TO DO =
Of the records that follow, copy only the lines from the line containing "AreTries nil = Unit" to the line containing "MayBe (some c) = IsChild c", both included, exactly as written.

[DATA TO USE Boundary: Start]

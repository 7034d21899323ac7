-- ===== src/Subset/Entries.antt =====
-- No feature stands twice in a dict of the trie, and the two ways to choose the children that are
-- visited choose those of the allowed features.
use claw_tune.Base.{
  ◌+◌, ◌≡◌, refl, ◌∙◌, ap, ltb, Bool, true, false, inl, inr, Option, none, some, is_some, List, [],
  ◌∷◌, length, All, In, if◌then◌else◌, is_yes, arith, Bool-cases,
}
use claw_tune.Superset.{has}
use claw_tune.Subset.{
  Terminal, Branch, branch, Child, leaf, inner, Children, nil, cons, as_branch, last_child,
  get_child, put_child, add_terminal, cons_child, by_features, by_items, chosen, count,
}
use claw_tune.Subset.Dicts.{get_child-put}

module _ {F : Type 0} (dec : Discrete F) where
  unfoldable mutual
    pub IsTrie : Branch F → Type 0
    IsTrie (branch n cs) = AreTries cs

    pub IsChild : Child F → Type 0
    IsChild (leaf t) = Unit
    IsChild (inner b) = IsTrie b

    pub AreTries : Children F → Type 0
    AreTries nil = Unit
    AreTries (cons f c cs) = (get_child dec f cs ≡ none) × IsChild c × AreTries cs

  -- What holds of a child that may be there.
  abbrev pub MayBe : Option (Child F) → Type 0
  MayBe none = Unit
  MayBe (some c) = IsChild c

  pub get_child-MayBe : (f : F) (cs : Children F) → AreTries cs → MayBe (get_child dec f cs)
  unfolding get_child IsTrie
  get_child-MayBe f nil h = tt
  get_child-MayBe f (cons g c cs) h = elim (Bool-cases (is_yes (dec g f))) [
    | inl e ↦ rw e h.1
    | inr e ↦ rw e (get_child-MayBe f cs h.2)
  ]

  put_child-AreTries :
      (f : F) (c : Child F) (cs : Children F)
      → IsChild c
      → AreTries cs
      → AreTries (put_child dec f c cs)
  unfolding put_child get_child IsTrie
  put_child-AreTries f c nil p h = (refl, p, tt)
  put_child-AreTries f c (cons g d cs) p h = elim (Bool-cases (is_yes (dec g f))) [
    | inl e ↦ rw e (h.0, p, h.2)
    | inr e ↦ rw e (
      ground (arith, e, h.0, get_child-put dec g f c cs, apart g e),
      h.1,
      put_child-AreTries f c cs p h.2,
    )
  ]
    where
      apart : (h : F) → is_yes (dec h f) ≡ false → is_yes (dec f h) ≡ false
      apart h e = elim (dec f h) as (λ x. is_yes x ≡ false) [
        | yes q ↦ absurd (ground (arith, e, q))
        | no n ↦ refl
      ]

  last_child-IsChild : (t : Terminal F) (c : Option (Child F)) → MayBe c → IsChild (last_child t c)
  unfolding last_child IsTrie
  last_child-IsChild t none h = tt
  last_child-IsChild t (some (leaf u)) h = tt
  last_child-IsChild t (some (inner (branch n cs))) h = h

  as_branch-IsTrie : (c : Option (Child F)) → MayBe c → IsTrie (as_branch c)
  unfolding as_branch IsTrie
  as_branch-IsTrie none h = tt
  as_branch-IsTrie (some (leaf u)) h = tt
  as_branch-IsTrie (some (inner b)) h = h

  pub add_terminal-IsTrie :
      (ks : List F) (t : Terminal F) (b : Branch F) → IsTrie b → IsTrie (add_terminal dec ks t b)
  unfolding add_terminal IsTrie
  add_terminal-IsTrie [] t (branch n cs) h = h
  add_terminal-IsTrie (k ∷ []) t (branch n cs) h =
      put_child-AreTries k _ cs (last_child-IsChild t _ (get_child-MayBe k cs h)) h
  add_terminal-IsTrie (k ∷ l ∷ ks) t (branch n cs) h =
      put_child-AreTries k _ cs
        (add_terminal-IsTrie (l ∷ ks) t _ (as_branch-IsTrie _ (get_child-MayBe k cs h))) h

  -- A child of an allowed feature.
  pub record IsAllowed (allowed : List F) (cs : Children F) (c : Child F) : Type 0 where
    pub feature : F
    pub is_in : has dec feature allowed ≡ true
    pub is_there : get_child dec feature cs ≡ some c

  In-by_features :
      (fs : List F) (cs : Children F) (f : F) (c : Child F)
      → has dec f fs ≡ true
      → get_child dec f cs ≡ some c
      → In c (by_features dec fs cs)
  unfolding has by_features cons_child
  In-by_features [] cs f c h g = absurd cc
  In-by_features (k ∷ fs) cs f c h g = elim (dec k f) [
    | yes p ↦ rw (p, g) (inl refl)
    | no n ↦ later (get_child dec k cs) (In-by_features fs cs f c (ground (arith, n, h)) g)
  ]
    where
      later :
          (o : Option (Child F))
          → In c (by_features dec fs cs)
          → In c (cons_child dec o (by_features dec fs cs))
      later none i = i
      later (some d) i = inr i

  by_features-IsAllowed :
      (allowed fs : List F) (cs : Children F)
      → ((f : F) → has dec f fs ≡ true → has dec f allowed ≡ true)
      → All (IsAllowed allowed cs) (by_features dec fs cs)
  unfolding has by_features cons_child
  by_features-IsAllowed allowed [] cs h = tt
  by_features-IsAllowed allowed (k ∷ fs) cs h =
      first (get_child dec k cs) refl
        (by_features-IsAllowed allowed fs cs (λ f e. h f (ground (arith, e))))
    where
      first :
          (o : Option (Child F))
          → get_child dec k cs ≡ o
          → All (IsAllowed allowed cs) (by_features dec fs cs)
          → All (IsAllowed allowed cs) (cons_child dec o (by_features dec fs cs))
      first none e a = a
      first (some c) e a =
          (record { feature = k; is_in = h k (ground (arith, dec k k)); is_there = e }, a)

  In-by_items :
      (allowed : List F) (cs : Children F) (f : F) (c : Child F)
      → has dec f allowed ≡ true
      → get_child dec f cs ≡ some c
      → In c (by_items dec allowed cs)
  unfolding get_child by_items
  In-by_items allowed nil f c h g = absurd cc
  In-by_items allowed (cons k d cs) f c h g = elim (dec k f) [
    | yes p ↦ rw (ap (λ x. has dec x allowed) p ∙ h) (inl (ground (arith, p, g)))
    | no n ↦ later (has dec k allowed) (In-by_items allowed cs f c h (ground (arith, n, g)))
  ]
    where
      later :
          (b : Bool)
          → In c (by_items dec allowed cs)
          → In c (if b then d ∷ by_items dec allowed cs else by_items dec allowed cs)
      later true i = inr i
      later false i = i

  by_items-IsAllowed :
      (allowed : List F) (cs all : Children F)
      → AreTries cs
      → ((f : F) (c : Child F) → get_child dec f cs ≡ some c → get_child dec f all ≡ some c)
      → All (IsAllowed allowed all) (by_items dec allowed cs)
  unfolding get_child by_items IsTrie
  by_items-IsAllowed allowed nil all u h = tt
  by_items-IsAllowed allowed (cons k d cs) all u h =
      let rest = by_items-IsAllowed allowed cs all u.2 (λ f c g. h f c (behind f c g)) in
      elim (Bool-cases (has dec k allowed)) [
        | inl e ↦
            rw e
              (record { feature = k; is_in = e; is_there = h k d (ground (arith, dec k k)) }, rest)
        | inr e ↦ rw e rest
      ]
    where
      behind :
          (f : F) (c : Child F)
          → get_child dec f cs ≡ some c
          → (if is_yes (dec k f) then some d else get_child dec f cs) ≡ some c
      behind f c g = elim (dec k f) [
        | yes p ↦ absurd (ground (arith, ap (λ x. get_child dec x cs) p, g, u.0))
        | no n ↦ ground (arith, n, g)
      ]

  pub In-chosen :
      (allowed : List F) (n : Option (Terminal F)) (cs : Children F) (f : F) (c : Child F)
      → has dec f allowed ≡ true
      → get_child dec f cs ≡ some c
      → In c (chosen dec allowed n cs)
  unfolding chosen
  In-chosen allowed n cs f c h g =
      pick (ltb (length allowed + 1) (count cs + (if is_some n then 1 else 0)))
    where
      pick : (b : Bool) → In c (if b then by_features dec allowed cs else by_items dec allowed cs)
      pick true = In-by_features allowed cs f c h g
      pick false = In-by_items allowed cs f c h g

  pub chosen-IsAllowed :
      (allowed : List F) (n : Option (Terminal F)) (cs : Children F)
      → AreTries cs
      → All (IsAllowed allowed cs) (chosen dec allowed n cs)
  unfolding chosen
  chosen-IsAllowed allowed n cs u =
      pick (ltb (length allowed + 1) (count cs + (if is_some n then 1 else 0)))
    where
      pick :
          (b : Bool)
          → All
              (IsAllowed allowed cs)
              (if b then by_features dec allowed cs else by_items dec allowed cs)
      pick true = by_features-IsAllowed allowed allowed cs (λ f e. e)
      pick false = by_items-IsAllowed allowed cs cs u (λ f c g. g)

[DATA TO USE Boundary: End]

TASK OUTPUT =
    AreTries nil = Unit
    AreTries (cons f c cs) = (get_child dec f cs ≡ none) × IsChild c × AreTries cs

  -- What holds of a child that may be there.
  abbrev pub MayBe : Option (Child F) → Type 0
  MayBe none = Unit
  MayBe (some c) = IsChild c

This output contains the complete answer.